Seoul: South Korea aims to expand its budget for trade response measures by 70-fold from this year's budget to 2.1 trillion won (US$1.5 billion) in 2026 to support follow-up measures to its tariff deal with the United States, the government said Friday.
According to Yonhap News Agency, the proposal, approved at a Cabinet meeting held earlier in the day, marks a sharp increase from the 2025 trade response budget of 30 billion won. The budget hike comes after President Lee Jae Myung's administration struck a trade deal with U.S. President Donald Trump's administration last month, lowering U.S. reciprocal tariffs for South Korea to 15 percent from the initially proposed 25 percent.
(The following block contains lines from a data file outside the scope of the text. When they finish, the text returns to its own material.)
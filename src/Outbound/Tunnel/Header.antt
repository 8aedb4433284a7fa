-- ===== src/Outbound/Tunnel/Header.antt =====
-- What readConnectHeader takes from the connection.
use airjail.Base.{
  ℕ, ◌+◌, ◌≤◌, true, false, List, [], ◌∷◌, ◌++◌, ◌≡◌, ◌≢◌, refl, ◌∙◌, inl, inr, arith, ok, leb,
  length, length-append, Bool-cases, map,
}
use airjail.Base.Bytes.{Bytes, has_suffix}
use airjail.Outbound.Tunnel.{
  Read, byte, nothing, failed, read_from, read_connect_header, header_end, max_connect_header_size,
}

-- the bytes that a reader delivers
abbrev pub bytes_of : List Read → Bytes
bytes_of [] = []
bytes_of (failed ∷ rest) = bytes_of rest
bytes_of (nothing ∷ rest) = bytes_of rest
bytes_of (byte c ∷ rest) = c ∷ bytes_of rest

-- no end of a header stands behind `header` and a nonempty part of the text before its last byte
abbrev pub EndsOnce : Bytes → Bytes → Type 0
EndsOnce header [] = Unit
EndsOnce header (c ∷ []) = has_suffix (header ++ c ∷ []) header_end ≡ true
EndsOnce header (c ∷ d ∷ s) =
    (has_suffix (header ++ c ∷ []) header_end ≡ false) × EndsOnce (header ++ c ∷ []) (d ∷ s)

EndsOnce-more :
    (header : Bytes) (c : ℕ) (s : Bytes)
    → has_suffix (header ++ c ∷ []) header_end ≡ false
    → s ≢ []
    → EndsOnce (header ++ c ∷ []) s
    → EndsOnce header (c ∷ s)
EndsOnce-more header c [] e some_left ends = absurd (some_left refl)
EndsOnce-more header c (d ∷ s) e some_left ends = (e, ends)

-- the text that the loop adds to `header`
record Reads (reads : List Read) (header taken : Bytes) (rest : List Read) (s : Bytes)
    : Type 0 where
  added : taken ≡ header ++ s
  some_added : s ≢ []
  delivered : bytes_of reads ≡ s ++ bytes_of rest
  bounded : length taken ≤ max_connect_header_size
  ends : EndsOnce header s

ended_length : (h : Bytes) → has_suffix h header_end ≡ true → leb 4 (length h) ≡ true
unfolding has_suffix
ended_length h ended = ground arith

append-snoc : (header : Bytes) (c : ℕ) (s : Bytes) → (header ++ c ∷ []) ++ s ≡ header ++ c ∷ s
append-snoc [] c s = refl
append-snoc (x ∷ header) c s = rw (append-snoc header c s)

read_from_sound :
    (reads : List Read) (header taken : Bytes) (rest : List Read)
    → read_from reads header ≡ ok (taken, rest)
    → (s : Bytes) × Reads reads header taken rest s
unfolding read_from
read_from_sound [] header taken rest h = absurd (ground arith)
read_from_sound (failed ∷ reads) header taken rest h = absurd (ground arith)
read_from_sound (nothing ∷ reads) header taken rest h =
    let (s, r) = read_from_sound reads header taken rest (ground arith) in
    (
      s,
      record {
        added = r.added;
        some_added = r.some_added;
        delivered = r.delivered;
        bounded = r.bounded;
        ends = r.ends;
      },
    )
read_from_sound (byte c ∷ reads) header taken rest h =
    let longer = header ++ c ∷ [] in
    elim (Bool-cases (has_suffix longer header_end)) [
      | inl ended ↦ (
        c ∷ [],
        record {
          added = ground (arith, ended, ended_length longer ended);
          some_added = λ e. cc;
          delivered = ground (arith, ended, ended_length longer ended);
          bounded = ground (arith, ended, ended_length longer ended, length-append header (c ∷ []));
          ends = ended;
        },
      )
      | inr unended ↦
          let (s, r) = read_from_sound reads longer taken rest (ground (arith, unended)) in
          (
            c ∷ s,
            record {
              added = r.added ∙ append-snoc header c s;
              some_added = λ e. cc;
              delivered = rw r.delivered;
              bounded = r.bounded;
              ends = EndsOnce-more header c s unended r.some_added r.ends;
            },
          )
    ]

-- What readConnectHeader returns is what the connection delivers up to its first empty line, in at
-- most 16 KiB; every byte behind that line is left on the connection.
pub read_connect_header_sound :
    (reads : List Read) (header : Bytes) (rest : List Read)
    → read_connect_header reads ≡ ok (header, rest)
    → (bytes_of reads ≡ header ++ bytes_of rest)
      × EndsOnce [] header
      × (length header ≤ max_connect_header_size)
unfolding read_connect_header
read_connect_header_sound reads header rest h =
    let (s, r) = read_from_sound reads [] header rest h in
    (rw r.added r.delivered, rw r.added r.ends, r.bounded)

read_from_complete :
    (s header : Bytes) (rest : List Read)
    → s ≢ []
    → EndsOnce header s
    → length header + length s ≤ max_connect_header_size
    → read_from (map byte s ++ rest) header ≡ ok (header ++ s, rest)
unfolding read_from
read_from_complete [] header rest some_left ends fits = absurd (some_left refl)
read_from_complete (c ∷ []) header rest some_left ends fits =
    ground (arith, ends, ended_length (header ++ c ∷ []) ends)
read_from_complete (c ∷ d ∷ s) header rest some_left ends fits = ground (
  arith,
  ends.0,
  read_from_complete (d ∷ s) (header ++ c ∷ []) rest (λ e. cc) ends.1,
  length-append header (c ∷ []),
  append-snoc header c (d ∷ s),
)

-- A header of at most 16 KiB is read to its end and no further, whatever the connection delivers
-- behind it.
pub read_connect_header_complete :
    (header : Bytes) (rest : List Read)
    → header ≢ []
    → EndsOnce [] header
    → length header ≤ max_connect_header_size
    → read_connect_header (map byte header ++ rest) ≡ ok (header, rest)
unfolding read_connect_header
read_connect_header_complete header rest filled ends fits =
    read_from_complete header [] rest filled ends (omega arith)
In return, Seoul pledged to invest a combined $350 billion in the U.S. for bilateral cooperation in shipbuilding and other advanced industries while agreeing to purchase $100 billion worth of American energy products. Of the proposed 2.1 trillion won, the Lee administration earmarked 1.9 trillion won for financing cooperation projects in the shipbuilding, semiconductor, and other sectors under the trade deal.
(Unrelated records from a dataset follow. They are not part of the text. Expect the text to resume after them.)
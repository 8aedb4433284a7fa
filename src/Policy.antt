-- ===== src/Policy.antt =====
-- internal/policy: the egress policy. Each child models one part of the package.
pub mod Errors
pub mod Library
pub mod Hostname
pub mod Destination
pub mod Rules
pub mod Decision
pub mod Resolve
Such projects include establishing a Korea-U.S. technology cooperation center for a bilateral shipbuilding partnership and boosting the capabilities of small and medium-sized shipbuilders in the maintenance, repair, and overhaul (MRO) market for U.S. naval vessels. The government also plans to provide emergency export vouchers to companies suffering damage from U.S. tariff measures and risk guarantees worth 200 billion won to small shipbuilders amid export uncertainties.
It also aims to expand the support fund for defense export companies by 10 billion won to 30 billion won next year. Separately, the government proposed a 2.2 trillion-won budget for nurturing new export companies, facilitating exports of consumer goods, and supporting materials and parts companies to stabilize supply chains in strategic industries.
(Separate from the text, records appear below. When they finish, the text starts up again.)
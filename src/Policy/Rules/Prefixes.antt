-- ===== src/Policy/Rules/Prefixes.antt =====
-- Masking and IPv4-mapped prefixes: what a stored CIDR rule contains.
use airjail.Base.{
  ℕ, zero, suc, ◌+◌, ◌-◌, ◌*◌, ◌/◌, ◌%◌, ◌^◌, ◌≤◌, ◌<◌, true, some, [], ◌≡◌, inl, inr, sym, ap, ◌∙◌,
  arith, ◌==◌, nat_eq, list_eq, list_beq, ◌↔◌, Bool-cases,
}
use airjail.Netip.{
  Addr, Prefix, v4, v6, is_valid, is4in6, unmap, bit_len, prefix_from, with_zone, masked,
  prefix_contains, addr_eq,
}
use airjail.Netip.Bits.{shr, shl, clear_low, shr-clear_low, shr-add-shl}
use airjail.Policy.Rules.{normalize_prefix}

-- the address ::ffff:n
abbrev pub mapped : ℕ → Addr
mapped n = v6 (0xffff * 2 ^ 32 + n) []

-- the prefix of length `b` of an address
abbrev pub of_length : Addr → ℕ → Prefix
of_length a b = record { addr = a; bits = some b }

masked_v6 :
    (n b : ℕ)
    → b ≤ 128
    → masked (of_length (v6 n []) b) ≡ of_length (v6 (clear_low n (128 - b)) []) b
unfolding masked prefix_from bit_len is_valid with_zone
masked_v6 n b h = ground arith

masked_v4 :
    (n b : ℕ) → b ≤ 32 → masked (of_length (v4 n) b) ≡ of_length (v4 (clear_low n (32 - b))) b
unfolding masked prefix_from bit_len is_valid with_zone
masked_v4 n b h = ground arith

shl-32 : (c : ℕ) → shl c 32 ≡ c * 2 ^ 32
unfolding shl
shl-32 c = omega arith

shl-33 : (c : ℕ) → shl c 33 ≡ c * 2 ^ 33
unfolding shl
shl-33 c = omega arith

shl-add : (m k j : ℕ) → shl m (k + j) ≡ shl (shl m j) k
unfolding shl
shl-add m zero j = let e : 0 + j ≡ j = omega arith in ap (shl m) e
shl-add m (suc k) j =
    let e : suc k + j ≡ suc (k + j) = omega arith in ap (shl m) e ∙ ap (λ t. t * 2) (shl-add m k j)

-- with at least 33 bits cleared, bit 32 is zero
shl-even : (m k : ℕ) → 33 ≤ k → shl m k / 2 ^ 32 % 2 ≡ 0
shl-even m k h =
    let split : k ≡ 33 + (k - 33) = omega arith in
    let shifted : shl m k ≡ shl (shl m (k - 33)) 33 = ap (shl m) split ∙ shl-add m 33 (k - 33) in
    omega (arith, shifted, shl-33 (shl m (k - 33)))

-- A masked prefix that is IPv4-mapped is at least 96 bits long.
mapped_long : (n b : ℕ) → b ≤ 128 → is4in6 (v6 (clear_low n (128 - b)) []) ≡ true → 96 ≤ b
unfolding clear_low is4in6
mapped_long n b h m = ground (arith, shl-even (shr n (128 - b)) (128 - b))

shr-mapped : (k n : ℕ) → k ≤ 32 → shr (0xffff * 2 ^ 32 + n) k ≡ shl 0xffff (32 - k) + shr n k
shr-mapped k n h =
    let split : k + (32 - k) ≡ 32 = omega arith in
    let shifted : shl 0xffff (k + (32 - k)) ≡ 0xffff * 2 ^ 32 =
      ap (shl 0xffff) split ∙ shl-32 0xffff in
    ap (λ t. shr (t + n) k) (sym shifted) ∙ shr-add-shl k (32 - k) 0xffff n

-- what `normalize_prefix` makes of a masked prefix that is IPv4-mapped
normalized_mapped :
    (n b : ℕ)
    → b ≤ 128
    → is4in6 (v6 (clear_low n (128 - b)) []) ≡ true
    → normalize_prefix (masked (of_length (v6 n []) b))
      ≡ of_length (v4 (clear_low n (128 - b) % 2 ^ 32)) (b - 96)
unfolding normalize_prefix prefix_from bit_len is_valid with_zone is4in6 unmap
normalized_mapped n b h m = rw (masked_v6 n b h) (ground (arith, mapped_long n b h m))

same_test : (a b c d : ℕ) → (a ≡ b) ↔ (c ≡ d) → (a == b) ≡ (c == d)
same_test a b c d iff = elim (Bool-cases (a == b)) [
  | inl e ↦ ground (arith, iff.0 (ground arith))
  | inr e ↦ elim (Bool-cases (c == d)) [
    | inl e' ↦ absurd (ground (arith, iff.1 (ground arith)))
    | inr e' ↦ cc
  ]
]

mapped_parts :
    (n k : ℕ)
    → is4in6 (v6 (clear_low n k) []) ≡ true
    → clear_low n k ≡ 0xffff * 2 ^ 32 + clear_low n k % 2 ^ 32
unfolding is4in6
mapped_parts n k m = ground arith

-- the leading bits of an IPv4-mapped network, seen at 128 and at 32 bits
leading_bits :
    (n k a : ℕ)
    → k ≤ 32
    → is4in6 (v6 (clear_low n k) []) ≡ true
    → (shr a k ≡ shr (clear_low n k % 2 ^ 32) k) ↔ (shr (0xffff * 2 ^ 32 + a) k ≡ shr n k)
leading_bits n k a h m =
    let low = clear_low n k % 2 ^ 32 in
    let network : shr n k ≡ shr (0xffff * 2 ^ 32 + low) k =
      sym (shr-clear_low n k) ∙ ap (λ t. shr t k) (mapped_parts n k m) in
    omega (arith, network, shr-mapped k a h, shr-mapped k low h)

-- A CIDR rule whose masked network is IPv4-mapped contains an IPv4 address exactly when the prefix
-- as it was written contains the IPv4-mapped form of the address. Its length stays a length of an
-- IPv4 prefix: nothing is subtracted below zero.
pub normalize_prefix-contains :
    (n b a : ℕ)
    → n < 2 ^ 128
    → b ≤ 128
    → a < 2 ^ 32
    → is4in6 (masked (of_length (v6 n []) b)).addr ≡ true
    → (prefix_contains (normalize_prefix (masked (of_length (v6 n []) b))) (v4 a)
        ≡ prefix_contains (of_length (v6 n []) b) (mapped a))
      × ((normalize_prefix (masked (of_length (v6 n []) b))).bits ≡ some (b - 96))
      × (b - 96 ≤ 32)
unfolding prefix_contains list_beq
normalize_prefix-contains n b a wide short narrow m =
    let m' : is4in6 (v6 (clear_low n (128 - b)) []) ≡ true = rw (masked_v6 n b short) at m in
    let normal = normalized_mapped n b short m' in
    let long = mapped_long n b short m' in
    let width : 32 - (b - 96) ≡ 128 - b = omega arith in
    (
      rw (normal, width) (same_test _ _ _ _ (leading_bits n (128 - b) a (omega arith) m')),
      ap (λ (p : Prefix). p.bits) normal,
      omega arith,
    )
For energy initiatives, the government proposed increasing the budget for energy transition to 4.2 trillion won in 2026 from 2.8 trillion won this year to build RE100 industrial complexes and next-generation power grids. RE100 complexes refer to industrial zones entirely powered by clean energy sources under a global initiative that encourages companies to source 100 percent of their electricity from renewable sources as part of efforts to achieve carbon neutrality.
The government also plans to spend 3.7 trillion won on supporting the private sector's efforts to expand carbon emission reduction facilities and establishing a new subsidy program for replacing internal combustion cars with electric vehicles (EVs).